-- ===== src/MatchStart/Actions/Outcome.antt =====
-- What the answers of `!ml start` say of the table (osubot/src/command/match_listen.rs).
use osubot_rs.Prelude.{
  ℕ, ◌≡◌, refl, Bool, true, not, ◌&&◌, Option, none, some, ltb, ℤ, pos, negsuc, ◌+ℤ◌, arith,
  Bool-cases, inl, inr,
}
use osubot_rs.Poller.{MatchListenConfig}
use osubot_rs.MatchStart.{as_i64, initial_cursor_from_response}
use osubot_rs.MatchStart.Actions.{
  Attempt, LegacyMatchResponse, Table, MlActionResult, started, failed, execute_start, counted,
  group_or_private_key, started_with, start_params, runs_already, max_listener_lifetime,
}
use osubot_rs.MatchStart.Actions.Chats.{NotAfter, NotAfter-trans}
use osubot_rs.Database.Table.First.{written}
use osubot_rs.Database.Listeners.{
  MatchListener, MatchListenerStartParams, new_row, restarted, get_match_listener,
}
use osubot_rs.Database.Listeners.Keys.{get-start, eq_i64_refl}

NotAfter-plus : (a : ℤ) (n : ℕ) → NotAfter a (a +ℤ pos n)
unfolding ◌+ℤ◌
NotAfter-plus (pos a) n = ground arith
NotAfter-plus (negsuc a) n = ground arith

written_runs :
    (p : MatchListenerStartParams) (created : ℕ) (now t : ℤ) (o : Option MatchListener)
    → NotAfter t p.expires_at
    → runs_already t (some (written (new_row p created) (restarted p created now) o)) ≡ true
written_runs p created now t none h = rw (h) refl
written_runs p created now t (some l) h = rw (h) refl

-- What an answer says of the tables before and after the call.
abbrev pub Answered : ℤ → ℤ → ℤ → Table → MlActionResult → Table → Type 0
Answered t m key rows (started qq name) rows' =
    runs_already t (get_match_listener m key rows') ≡ true
Answered t m key rows (failed qq why) rows' = rows' ≡ rows
Answered t m key rows _ rows' = ⊥

module _ {Content : Type 0} where
  started_with-Answered :
      (a : Attempt Content) (m skip : ℕ) (g : Option ℤ) (u : ℤ)
      (r : Option (LegacyMatchResponse Content)) (rows : Table)
      → NotAfter a.asked_at a.started_at
      → Answered a.asked_at
          (as_i64 m)
          (group_or_private_key g u)
          rows
          (started_with a m skip g u r rows).0
          (started_with a m skip g u r rows).1
  unfolding started_with
  started_with-Answered a m skip g u none rows h = refl
  started_with-Answered a m skip g u (some r) rows h =
      let p =
        start_params a m (initial_cursor_from_response r.latest_event_id r.events skip) g u r in
      elim (Bool-cases a.write_fails) [
        | inl q ↦ rw (q) refl
        | inr q ↦
            rw
              (
                q,
                get-start p a.created_at a.started_at (as_i64 m) (group_or_private_key g u) rows,
                eq_i64_refl (as_i64 m),
                eq_i64_refl (group_or_private_key g u),
              )
              (written_runs p a.created_at a.started_at a.asked_at
                (get_match_listener (as_i64 m) (group_or_private_key g u) rows)
                (NotAfter-trans a.asked_at a.started_at (a.started_at +ℤ pos max_listener_lifetime)
                  h (NotAfter-plus a.started_at max_listener_lifetime)))
      ]

  -- A start that is answered with success leaves a listener that runs at the key of the match and the
  -- chat, whether it ran before or not, and a start that is answered with an error leaves the table as
  -- it was; there is no other answer.
  pub execute_start-Answered :
      (cfg : MatchListenConfig) (a : Attempt Content) (m skip : ℕ) (g : Option ℤ) (u : ℤ)
      (rows : Table)
      → NotAfter a.asked_at a.started_at
      → Answered a.asked_at
          (as_i64 m)
          (group_or_private_key g u)
          rows
          (execute_start cfg a m skip g u rows).0
          (execute_start cfg a m skip g u rows).1
  unfolding execute_start
  execute_start-Answered cfg a m skip g u rows h =
      let key = group_or_private_key g u in
      let runs = runs_already a.asked_at (get_match_listener (as_i64 m) key rows) in
      elim (Bool-cases (not a.get_fails && runs)) [
        | inl x ↦ rw (x) (both (not a.get_fails) runs x)
        | inr x ↦ elim (Bool-cases a.count_fails) [
          | inl y ↦ rw (x, y) refl
          | inr y ↦ elim (Bool-cases (ltb (counted a.counted_at g u rows) cfg.max_per_group)) [
            | inl z ↦ rw (x, y, z) (started_with-Answered a m skip g u a.response rows h)
            | inr z ↦ rw (x, y, z) refl
          ]
        ]
      ]
    where
      both : (b c : Bool) → (b && c) ≡ true → c ≡ true
      both b c h = ground arith
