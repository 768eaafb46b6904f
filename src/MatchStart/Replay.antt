-- ===== src/MatchStart/Replay.antt =====
-- A listener that starts while a game runs.
use osubot_rs.Prelude.{
  ℕ, zero, suc, ◌≤◌, ◌<◌, ◌-◌, ◌≡◌, refl, true, false, List, [], ◌∷◌, ◌++◌, none, some, arith, ap,
  ◌∙◌, All, is_some, if◌then◌else◌, ◌⊎◌, inl, inr,
}
use osubot_rs.Text.{codes}
use osubot_rs.MatchListener.{
  LegacyMatchEvent, LegacyMatchGame, ListenerCursor, StateMachineOutput, continue, break, image,
  in_progress_game, classify_event, process_event, process_from, process_events, initial,
  on_in_progress, push_start,
}
use osubot_rs.MatchListener.Cursor.{Ascending}
use osubot_rs.MatchStart.{
  as_i64, as_u64, before, i64_bound, runs, last_running, initial_cursor_from_response, first_cursor,
  starts_at, nth_game, skipped_game,
}

module _ {Content : Type 0} where
  -- No game of these events runs.
  abbrev pub NoneRuns : List (LegacyMatchEvent Content) → Type 0
  NoneRuns es = All (λ e. runs e.game ≡ false) es

  last_running-NoneRuns :
      (es : List (LegacyMatchEvent Content)) → NoneRuns es → last_running es ≡ none
  unfolding last_running
  last_running-NoneRuns [] h = refl
  last_running-NoneRuns (e ∷ es) h = ground (arith, last_running-NoneRuns es h.1)

  last_running-append :
      (xs : List (LegacyMatchEvent Content)) (e : LegacyMatchEvent Content)
      (ys : List (LegacyMatchEvent Content))
      → runs e.game ≡ true
      → NoneRuns ys
      → last_running (xs ++ (e ∷ ys)) ≡ some (as_i64 e.id)
  unfolding last_running
  last_running-append [] e ys r h = ground (arith, last_running-NoneRuns ys h)
  last_running-append (x ∷ xs) e ys r h = ground (arith, last_running-append xs e ys r h)

  process_event_skips :
      (c : ListenerCursor) (o : StateMachineOutput Content) (x : LegacyMatchEvent Content)
      (last : ℕ)
      → c.last_event_id ≡ some last
      → x.id ≤ last
      → process_event c o x ≡ continue o
  unfolding process_event
  process_event_skips c o x last e b = ground arith

  -- Events up to the cursor are passed over.
  process_from_skips :
      (c : ListenerCursor) (o : StateMachineOutput Content) (last : ℕ)
      (xs ys : List (LegacyMatchEvent Content)) (k : ℕ)
      → c.last_event_id ≡ some last
      → Ascending k (xs ++ ys)
      → All (λ x. x.id ≤ last) xs
      → process_from c o (xs ++ ys) ≡ process_from c o ys
  unfolding process_from
  process_from_skips c o last [] ys k e h b = refl
  process_from_skips c o last (x ∷ xs) ys k e h b =
      rw (process_event_skips c o x last e b.0, process_from)
        (process_from_skips c o last xs ys (suc x.id) e h.1 b.1)

  below :
      (xs ys : List (LegacyMatchEvent Content)) (e : LegacyMatchEvent Content) (k : ℕ)
      → Ascending k (xs ++ (e ∷ ys))
      → (k ≤ e.id) × All (λ x. suc x.id ≤ e.id) xs
  below [] ys e k h = (h.0, tt)
  below (x ∷ xs) ys e k h =
      let r = below xs ys e (suc x.id) h.1 in (omega arith, (omega arith, r.1))

  -- What the round on that game gives.
  abbrev started :
      ListenerCursor
      → LegacyMatchEvent Content
      → LegacyMatchGame Content
      → StateMachineOutput Content
  started c e game = record (initial c) {
    notifications = image e.id (codes "场次开始") e.timestamp game ∷ [];
    new_last_notified_event_id = some e.id;
    new_pending_game_event_id = some e.id;
  }

  breaks :
      (c : ListenerCursor) (last : ℕ) (e : LegacyMatchEvent Content)
      (game : LegacyMatchGame Content)
      → c.last_event_id ≡ some last
      → c.pending_game_event_id ≡ none
      → last < e.id
      → e.game ≡ some game
      → classify_event e ≡ in_progress_game
      → process_event c (initial c) e ≡ break (started c e game)
  unfolding process_event on_in_progress push_start
  breaks c last e game at p l g k = ground arith

  -- The game that runs, at the head of what is left.
  starts_game :
      (c : ListenerCursor) (last : ℕ) (e : LegacyMatchEvent Content)
      (game : LegacyMatchGame Content) (ys : List (LegacyMatchEvent Content))
      → c.last_event_id ≡ some last
      → c.pending_game_event_id ≡ none
      → last < e.id
      → e.game ≡ some game
      → classify_event e ≡ in_progress_game
      → (process_from c (initial c) (e ∷ ys)).notifications
        ≡ image e.id (codes "场次开始") e.timestamp game ∷ []
  unfolding process_from
  starts_game c last e game ys at p l g k = rw (breaks c last e game at p l g k, process_from) refl

before-as_i64 : (id : ℕ) → 1 ≤ id → id < i64_bound → as_u64 (before (as_i64 id)) ≡ id - 1
before-as_i64 zero l u = absurd (omega arith)
before-as_i64 (suc n) l u = ground arith

classified-runs :
    {Content : Type 0} (e : LegacyMatchEvent Content)
    → classify_event e ≡ in_progress_game
    → runs e.game ≡ true
unfolding classify_event
classified-runs e k = ground arith

up_to :
    {Content : Type 0} (xs : List (LegacyMatchEvent Content)) (k : ℕ)
    → All (λ x. suc x.id ≤ k) xs
    → All (λ x. x.id ≤ k - 1) xs
up_to [] k h = tt
up_to (x ∷ xs) k h = (omega arith, up_to xs k h.1)

module _ {Content : Type 0} where
  -- How many of the events have a game.
  abbrev pub games : List (LegacyMatchEvent Content) → ℕ
  games [] = 0
  games (e ∷ es) = if is_some e.game then suc (games es) else games es

  nth_game-none :
      (n : ℕ) (es : List (LegacyMatchEvent Content)) → games es ≤ n → nth_game n es ≡ none
  unfolding nth_game
  nth_game-none n [] h = refl
  nth_game-none zero (e ∷ es) h = ground (arith, nth_game-none zero es)
  nth_game-none (suc n) (e ∷ es) h = ground (arith, nth_game-none n es, nth_game-none (suc n) es)

  skipped_game-none :
      (skip : ℕ) (es : List (LegacyMatchEvent Content))
      → (skip ≡ 0) ⊎ (games es < skip)
      → skipped_game skip es ≡ none
  unfolding skipped_game
  skipped_game-none zero es h = refl
  skipped_game-none (suc n) es (inl z) = absurd (omega arith)
  skipped_game-none (suc n) es (inr l) = nth_game-none n es (omega arith)

-- Where a listener starts in a match of which the response holds events with rising ids, the last game
-- that runs among them, with its id in the positive `i64`s, and no rounds are to be skipped, or more than
-- the events have games: the first poll on those events announces the start of that game, and nothing
-- else.
pub start_replays :
    {Content : Type 0} (latest skip : ℕ) (xs : List (LegacyMatchEvent Content))
    (e : LegacyMatchEvent Content) (game : LegacyMatchGame Content)
    (ys : List (LegacyMatchEvent Content))
    → Ascending 0 (xs ++ (e ∷ ys))
    → e.game ≡ some game
    → classify_event e ≡ in_progress_game
    → NoneRuns ys
    → (skip ≡ 0) ⊎ (games (xs ++ (e ∷ ys)) < skip)
    → 1 ≤ e.id
    → e.id < i64_bound
    → (process_events
        (first_cursor (initial_cursor_from_response latest (xs ++ (e ∷ ys)) skip))
        (xs ++ (e ∷ ys))).notifications
      ≡ image e.id (codes "场次开始") e.timestamp game ∷ []
unfolding process_events initial_cursor_from_response
start_replays latest skip xs e game ys h g k n z l u =
    let c = first_cursor (starts_at (before (as_i64 e.id))) in
    let at = ap some (before-as_i64 e.id l u) in
    let b = below xs ys e 0 h in
    rw (skipped_game-none skip (xs ++ (e ∷ ys)) z) (
      rw (last_running-append xs e ys (classified-runs e k) n) (
        ap (λ o. o.notifications)
          (process_from_skips c (initial c) (e.id - 1) xs (e ∷ ys) 0 at h (up_to xs e.id b.1))
        ∙ starts_game c (e.id - 1) e game ys at refl (omega arith) g k))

**EXERCISE INSTRUCTIONS**: Read the entries above, then pull out the lines that include "codes".

**RESULT FOR THIS TASK**:
use osubot_rs.Text.{codes}
    notifications = image e.id (codes "场次开始") e.timestamp game ∷ [];
        ≡ image e.id (codes "场次开始") e.timestamp game ∷ []
      ≡ image e.id (codes "场次开始") e.timestamp game ∷ []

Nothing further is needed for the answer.